I am investigating the properties of consensus protocols in distributed systems consisting of $N$ nodes. In this case consensus just means that every node in the system agrees on which server to use for communication. Every node sends a message to the agreed upon server in a fixed time interval $t$ at the same time. Whenever a node sends a message, there's a probability $p$ that the connection to the server has been closed and will then not be able to send messages. The probability $p$ is the same for all of the nodes in the system.
One of the nodes in the system is randomly selected to be a 'coordinator node' which always will have up to date information on how many nodes that are still connected to the server. Once a certain number of nodes has lost connection to the server, the coordinator will find a server that everyone in the system can connect to and start the process all over again.
The condition for the coordinator to find a new server for all of the nodes can be expressed as
$\text{Number of nodes still connected} \leq \alpha \cdot N$
where $0 \leq \alpha \leq 1$.
Now to my question. It feels like it should be possible to calculate the amount of coordinations done after a given amount of time intervals and a failure probability $p$.
Essentially what I need is a function that takes some amount of time intervals and gives the most likely amount of coordinations required during this time.
My first inclination is a more simulation-based approach, modelling the system as a simple Markov chain. This is nice, since it is easy to extend the model with more parameters later if needed (although I believe the situation here could also be solved or at least estimated analytically). Here's a simplistic description of how one might approach it.

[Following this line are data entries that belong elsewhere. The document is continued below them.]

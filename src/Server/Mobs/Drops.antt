-- ===== src/Server/Mobs/Drops.antt =====
-- What a collector carried lies on the ground when it dies, item for item.
use lodeen.Base.{
  ℕ, zero, suc, ◌+◌, ◌≤◌, ◌≡◌, ◌≢◌, refl, String, false, [], ◌∷◌, none, some, arith, eq_iff, ◌==◌,
  if◌then◌else◌,
}
use mathlib.Core.Path.{subst}
use lodeen.Base.Int.{ℤ, pos, pos_part, int_sub-pos}
use lodeen.Base.Map.{Map, lookup, insert, lookup-insert, erase, lookup-erase, IsMap}
use lodeen.Base.Float.{Float, lit}
use lodeen.Protocol.Geometry.{Vector3, is_beyond}
use lodeen.Protocol.Messages.{Resource}
use lodeen.Server.State.{Client, Server, Mob}
use lodeen.Server.Client.{quantity, state_of}
use lodeen.Server.Client.Inventory.{consume_item-some}
use lodeen.Server.Crafting.Exchange.{stock, quantity-cons}
use lodeen.Server.Farm.{lying}
use lodeen.Server.Mobs.{
  Fresh, KillDrop, scattered_around, spawn_items, spawn_collector_drop, spawn_drop, apply_hit_mob,
  handle_hit_mob,
}

quantity-missing : (k : String) (m : Map ℤ) → lookup k m ≡ none → quantity k m ≡ pos 0
unfolding quantity
quantity-missing k m e = ground (arith, e)

stock-nil : (k : String) → stock k [] ≡ 0
unfolding quantity lookup
stock-nil k = refl

spawned :
    (other kind : String) (n before one all : ℕ)
    → one ≡ before + (if kind == other then 1 else 0)
    → all ≡ one + (if kind == other then n else 0)
    → all ≡ before + (if kind == other then suc n else 0)
spawned other kind n before one all p q = ground (arith, p, q)

module _ {F : Type 0} where
  -- How many things of a kind lie on the ground.
  unfoldable pub count_kind : String → Map (Resource F) → ℕ
  count_kind kind [] = 0
  count_kind kind ((_, r) ∷ m) =
      let rest = count_kind kind m in if r.kind == kind then suc rest else rest

  -- From the number `i` on, the identifiers stand nowhere on the ground and differ.
  pub record IsFresh (fresh : ℕ → Fresh F) (i : ℕ) (m : Map (Resource F)) : Type 0 where
    pub unused : (j : ℕ) → i ≤ j → lookup (fresh j).id m ≡ none
    pub different : (j k : ℕ) → j ≢ k → (fresh j).id ≢ (fresh k).id

  count_kind-insert :
      (kind id : String) (r : Resource F) (m : Map (Resource F))
      → lookup id m ≡ none
      → count_kind kind (insert id r m) ≡ count_kind kind m + (if r.kind == kind then 1 else 0)
  unfolding count_kind insert lookup
  count_kind-insert kind id r [] e = ground arith
  count_kind-insert kind id r ((j, a) ∷ m) e =
      ground (arith, e, count_kind-insert kind id r m, eq_iff j id)

  insert-IsFresh :
      (fresh : ℕ → Fresh F) (i : ℕ) (r : Resource F) (m : Map (Resource F))
      → IsFresh fresh i m
      → IsFresh fresh (i + 1) (insert (fresh i).id r m)
  insert-IsFresh fresh i r m h = record {
    unused = λ j le. ground (
      arith,
      lookup-insert (fresh i).id (fresh j).id r m,
      eq_iff (fresh i).id (fresh j).id,
      h.unused j (omega (arith, le)),
      h.different i j (λ e. omega (arith, e, le)),
    );
    different = h.different;
  }

module _ {F : Type 0} ⦃fl : Float F⦄ where
  spawn_items-count :
      (fresh : ℕ → Fresh F) (kind other : String) (p : Vector3 F) (r : F) (n i : ℕ)
      (m : Map (Resource F))
      → IsFresh fresh i m
      → IsFresh fresh (i + n) (spawn_items fresh kind p r n i m)
        × (count_kind other (spawn_items fresh kind p r n i m)
            ≡ count_kind other m + (if kind == other then n else 0))
  unfolding spawn_items
  spawn_items-count fresh kind other p r zero i m h =
      let same : i ≡ i + 0 = omega arith in (subst (λ x. IsFresh fresh x m) same h, ground arith)
  spawn_items-count fresh kind other p r (suc n) i m h =
      let f = fresh i in
      let a = lying f.id kind (scattered_around p r f.angle f.radius) in
      let rest =
        spawn_items-count fresh kind other p r n (i + 1) (insert f.id a m)
          (insert-IsFresh fresh i a m h) in
      let same : i + 1 + n ≡ i + suc n = omega arith in
      (
        subst (λ x. IsFresh fresh x (spawn_items fresh kind p r n (i + 1) (insert f.id a m))) same
            rest.0,
        spawned other kind n (count_kind other m) (count_kind other (insert f.id a m))
            (count_kind other (spawn_items fresh kind p r n (i + 1) (insert f.id a m)))
            (ground (arith, count_kind-insert other f.id a m (h.unused i (omega arith)))) rest.1,
      )

  collector_drop-count :
      (fresh : ℕ → Fresh F) (kind : String) (p : Vector3 F) (inv : Map ℤ) (i : ℕ)
      (m : Map (Resource F))
      → IsMap inv
      → IsFresh fresh i m
      → count_kind kind (spawn_collector_drop fresh p inv i m) ≡ count_kind kind m + stock kind inv
  unfolding spawn_collector_drop
  collector_drop-count fresh kind p [] i m wf h = omega (arith, stock-nil kind)
  collector_drop-count fresh kind p ((k, n) ∷ inv) i m wf h =
      let m' = spawn_items fresh k p (lit 25 1) (pos_part n) i m in
      let fallen = spawn_items-count fresh k kind p (lit 25 1) (pos_part n) i m h in
      let rest = collector_drop-count fresh kind p inv (i + pos_part n) m' wf.1 fallen.0 in
      ground (
        arith,
        rest,
        fallen.1,
        quantity-cons k kind n inv,
        quantity-missing k inv wf.0,
        eq_iff k kind,
      )

  -- The branch of the kill.
  apply_hit_mob-kills :
      (fresh : ℕ → Fresh F) (mob_id : String) (m : Mob F) (n : ℕ) (s : Server F) (c : Client F)
      → m.hp ≡ pos 1
      → is_beyond m.at (state_of c).at 10000 ≡ false
      → quantity "spear" c.inventory ≡ pos (suc n)
      → (apply_hit_mob fresh mob_id (some m) s c).0 ≡ record s {
        mobs = erase mob_id s.mobs;
        resources =
            spawn_drop fresh
              (record { at = m.at; kind = m.kind; mob_inv = m.inventory })
              s.resources;
      }
  unfolding apply_hit_mob
  apply_hit_mob-kills fresh mob_id m n s c hp near q =
      ground (arith, hp, near, consume_item-some "spear" n c q, int_sub-pos 1 1 (omega arith))

  -- A client with a spear that hits a collector with one hit point, in reach: the collector is gone,
  -- and of every kind there lie as many more things on the ground as it carried of that kind. The
  -- new identifiers are new.
  pub handle_hit_mob-drops :
      (fresh : ℕ → Fresh F) (mob_id kind : String) (m : Mob F) (n : ℕ) (s : Server F) (c : Client F)
      → lookup mob_id s.mobs ≡ some m
      → m.kind ≡ "collector"
      → m.hp ≡ pos 1
      → is_beyond m.at (state_of c).at 10000 ≡ false
      → quantity "spear" c.inventory ≡ pos (suc n)
      → IsMap m.inventory
      → IsFresh fresh 0 s.resources
      → let after : Server F = (handle_hit_mob fresh mob_id s c).0 in
        (lookup mob_id after.mobs ≡ none)
        × (count_kind kind after.resources ≡ count_kind kind s.resources + stock kind m.inventory)
  unfolding handle_hit_mob spawn_drop
  handle_hit_mob-drops fresh mob_id kind m n s c known collector hp near q wf new =
      let drop : KillDrop F = record { at = m.at; kind = m.kind; mob_inv = m.inventory } in
      let killed : (handle_hit_mob fresh mob_id s c).0
          ≡ record s { mobs = erase mob_id s.mobs; resources = spawn_drop fresh drop s.resources } =
        rw (known, handle_hit_mob) (apply_hit_mob-kills fresh mob_id m n s c hp near q) in
      let fallen : spawn_drop fresh drop s.resources
          ≡ spawn_collector_drop fresh m.at m.inventory 0 s.resources =
        ground (
          arith,
          collector,
          eq_iff m.kind "hostile",
          eq_iff m.kind "collector",
          eq_iff "collector" "hostile",
        ) in
      rw (killed, fallen)
        (
          ground (arith, lookup-erase mob_id mob_id s.mobs, eq_iff mob_id mob_id),
          collector_drop-count fresh kind m.at m.inventory 0 s.resources wf new,
        )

Let $N_t$ be the number of nodes connected at time $t$. At every discrete time step, each node has a probability $p$ of disconnecting. So, the transition function looks like $$ P(N_t=n|N_{t-1}=s) = \begin{cases} \displaystyle \binom{s}{k}p^k(1-p)^k & \text{ if }n=s-k, k\in\mathbb{Z}_{\geq 0}\\ 0 & \text{ if } n>s \;\land\; s>\alpha N\\ 1 & \text{ if } n=N\;\land\;s\leq \alpha N \end{cases} $$ where the first case is the binomially distributed number of nodes after the time step, the second case captures that the number of nodes does not increase until a re-coordination happens, and the third case defines a coordination (it says that if $N_{t-1}$ is below your threshold, $N_t$ will be $N$ again; you may want to allow disconnects at the $t$th time step here too though if you wanted).
Then your transition matrix $M$ has entries $m_{ij}=P(N_t=j|N_{t-1}=i)$. Given an initial distribution $x_0$, you can compute the distribution at time $t$ as $x_t=x_0M^t$. Notice that $x_t$ is a vector with $i$th entry $x_t(i)$ giving the probability that $N_t=i$. (Not sure how well you know Markov chains, sorry).
Anyway, from this you can do many things (simulate the chain and count the number of time a coordination occurs, for instance).
More formally, let $$Q_t=\textbf{1}[N_t=N]$$ be 1 if a coordination occurs at time $t$ and zero otherwise. Then the total number of coordinations after $T$ time steps is a random variable: $$ C=\sum_{t=1}^T Q_t $$ I think you are interested in the expected value of $C$ (i.e. the number of coordinations you'd expect, given initial distribution $N$ and fixed $\alpha, T$), written $\mathbb{E}[C]$. You can estimate this by simulating the chain for $T$ time steps $m$ times, counting the number of coordinations $C_i$, and then computing $$ \widehat{C} = \frac{1}{m} \sum_i C_i $$
Apologies if I misconstrued anything in your post!